_What is expected_
Among the entries, which lines carry the string "else"? Copy every one.

Task inputs Start Marker

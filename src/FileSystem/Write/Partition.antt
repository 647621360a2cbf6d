-- ===== src/FileSystem/Write/Partition.antt =====
-- What fat32_next_cluster reads after Fat32WriteFATEntry: the one takes the table to begin behind
-- the reserved sectors of the partition, the other behind those of the disk.
use unos_kernel.Prelude.{
  ℕ, ◌+◌, ◌*◌, ◌/◌, ◌%◌, ◌^◌, ◌<◌, ◌≤◌, ◌≡◌, ◌≢◌, refl, sym, ◌∙◌, ap, false, ◌||◌, some, List,
  arith, length, ltb, leb, ◌==◌, if◌then◌else◌, bit_and,
}
use unos_kernel.FileSystem.{Fat32Info, fat32_next_cluster, fat32_mask, fat32_eoc, word_at}
use unos_kernel.FileSystem.Write.{
  Device, BootSector, status_ok, fat_sector, update_entry, fat32_write_fat_entry,
}
use unos_kernel.FileSystem.Write.Entry.{word_at-update_entry}
use unos_kernel.FileSystem.Write.Stored.{mod-word}
use unos_kernel.FileSystem.Write.Table.{sides, IsWorking, IsTable, fat32_write_fat_entry-IsUpdated}

module _ {ℓ} {D : Type ℓ} (device : Device D) (info : Fat32Info) (boot : BootSector)
    (cluster value : ℕ) (content : ℕ → List ℕ) where
  fat32_next_cluster_reads :
      (d : D) (buffer : List ℕ)
      → 2 ≤ cluster
      → cluster < 0x0FFF_FFF0
      → device.read d ((info.fat_start_sector + cluster * 4 / info.bytes_per_sector) % 2 ^ 32) 1
        ≡ some buffer
      → fat32_next_cluster (device.read d) info cluster ≡ (
          let raw = bit_and (word_at buffer (cluster * 4 % info.bytes_per_sector / 4)) fat32_mask in
          if raw == cluster
          then fat32_eoc
          else if ltb raw 2 || leb fat32_eoc raw
          then fat32_eoc
          else raw)
  unfolding fat32_next_cluster
  fat32_next_cluster_reads d buffer low high reads =
      let inside : (ltb cluster 2 || leb 0x0FFF_FFF0 cluster) ≡ false = ground arith in
      rw (inside, reads) refl

  -- On a disk without partitions, where the table begins behind the reserved sectors of the disk,
  -- fat32_next_cluster gives back the successor, or the end, that Fat32WriteFATEntry has stored.
  pub fat32_next_cluster-fat32_write_fat_entry :
      (d : D)
      → IsWorking device
      → IsTable device info boot cluster value content boot.num_fats 0 d
      → info.fat_start_sector ≡ boot.reserved_sector_count
      → 0 < boot.num_fats
      → 0 < info.bytes_per_sector
      → info.bytes_per_sector % 4 ≡ 0
      → length (content 0) ≡ info.bytes_per_sector
      → 2 ≤ cluster
      → cluster < 0x0FFF_FFF0
      → 2 ≤ value
      → value ≤ fat32_eoc
      → value ≢ cluster
      → (d' : D) × (fat32_write_fat_entry device info boot cluster value
            (record { locked = false; disk = d })
          ≡ some (status_ok, record { locked = false; disk = d' }))
        × (fat32_next_cluster (device.read d') info cluster ≡ value)
  unfolding fat_sector
  fat32_next_cluster-fat32_write_fat_entry d w t start fats bytes words size low high least most
        other =
      let (d', run, u) =
        fat32_write_fat_entry-IsUpdated device info boot cluster value content d w t in
      let off : cluster * 4 % 2 ^ 32 ≡ cluster * 4 = omega arith in
      let i = cluster * 4 % info.bytes_per_sector in
      let reads : device.read d'
            ((info.fat_start_sector + cluster * 4 / info.bytes_per_sector) % 2 ^ 32) 1
          ≡ some (update_entry i value (content 0)) =
        ap (λ s. device.read d' s 1)
          (ap (λ o. (info.fat_start_sector + o / info.bytes_per_sector) % 2 ^ 32) {x = cluster * 4}
              {y = cluster * 4 % 2 ^ 32} (sym off)
            ∙ ap (λ s. s % 2 ^ 32)
                {x = info.fat_start_sector + cluster * 4 % 2 ^ 32 / info.bytes_per_sector}
                {y = boot.reserved_sector_count
                  + 0 * info.fat_size_32
                  + cluster * 4 % 2 ^ 32 / info.bytes_per_sector}
                (omega (arith, start)))
        ∙ u.changed 0 (omega arith) (omega arith)
        ∙ ap (λ o. some (update_entry (o % info.bytes_per_sector) value (content 0))) off in
      let aligned : i % 4 ≡ 0 =
        ap (λ b. cluster * 4 % b % 4) {x = info.bytes_per_sector}
          {y = info.bytes_per_sector / 4 * 4} (omega (arith, words))
        ∙ mod-word cluster (info.bytes_per_sector / 4) in
      let inside : i ≤ length (content 0) = omega (arith, size, bytes) in
      let stored : bit_and (word_at (update_entry i value (content 0)) (i / 4)) fat32_mask ≡ value =
        word_at-update_entry i value (content 0) inside aligned ∙ omega arith in
      (
        d',
        run,
        fat32_next_cluster_reads d' (update_entry i value (content 0)) low high reads
            ∙ rw stored (ground arith),
      )

  -- On a partition that begins at the sector `first_lba`, unless that is the distance between two
  -- copies of the table, fat32_next_cluster reads after Fat32WriteFATEntry what it read before: the
  -- entry is written, with STATUS_OK, to other sectors than those of the table it follows.
  pub fat32_next_cluster-misses :
      (d : D) (first_lba : ℕ)
      → IsWorking device
      → IsTable device info boot cluster value content boot.num_fats 0 d
      → info.fat_start_sector ≡ first_lba + boot.reserved_sector_count
      → first_lba + boot.reserved_sector_count + cluster * 4 / info.bytes_per_sector < 2 ^ 32
      → ((copy : ℕ)
          → copy < boot.num_fats
          → (first_lba ≢ copy * info.fat_size_32)
            × (boot.reserved_sector_count
                  + copy * info.fat_size_32
                  + cluster * 4 / info.bytes_per_sector
                < 2 ^ 32))
      → cluster < 0x0FFF_FFF0
      → (d' : D) × (fat32_write_fat_entry device info boot cluster value
            (record { locked = false; disk = d })
          ≡ some (status_ok, record { locked = false; disk = d' }))
        × (fat32_next_cluster (device.read d') info cluster
            ≡ fat32_next_cluster (device.read d) info cluster)
  unfolding fat_sector fat32_next_cluster
  fat32_next_cluster-misses d first_lba w t start fits apart high =
      let (d', run, u) =
        fat32_write_fat_entry-IsUpdated device info boot cluster value content d w t in
      let off : cluster * 4 % 2 ^ 32 ≡ cluster * 4 = omega arith in
      let s = (info.fat_start_sector + cluster * 4 / info.bytes_per_sector) % 2 ^ 32 in
      let same : device.read d' s 1 ≡ device.read d s 1 = u.same s 1 (λ copy a b. sides (λ e.
        let (other, small) = apart copy (omega arith) in
        let e' : s
            ≡ (boot.reserved_sector_count
                + copy * info.fat_size_32
                + cluster * 4 / info.bytes_per_sector)
              % 2 ^ 32 =
          sym e
          ∙ ap
              (λ o.
                (boot.reserved_sector_count + copy * info.fat_size_32 + o / info.bytes_per_sector)
                % 2 ^ 32)
              off in
        other (omega (arith, e', start, fits, small)))) in
      (d', run, rw same refl)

Task inputs End Marker

_Answer to this problem_
  arith, length, ltb, leb, ◌==◌, if◌then◌else◌, bit_and,
          else if ltb raw 2 || leb fat32_eoc raw
          else raw)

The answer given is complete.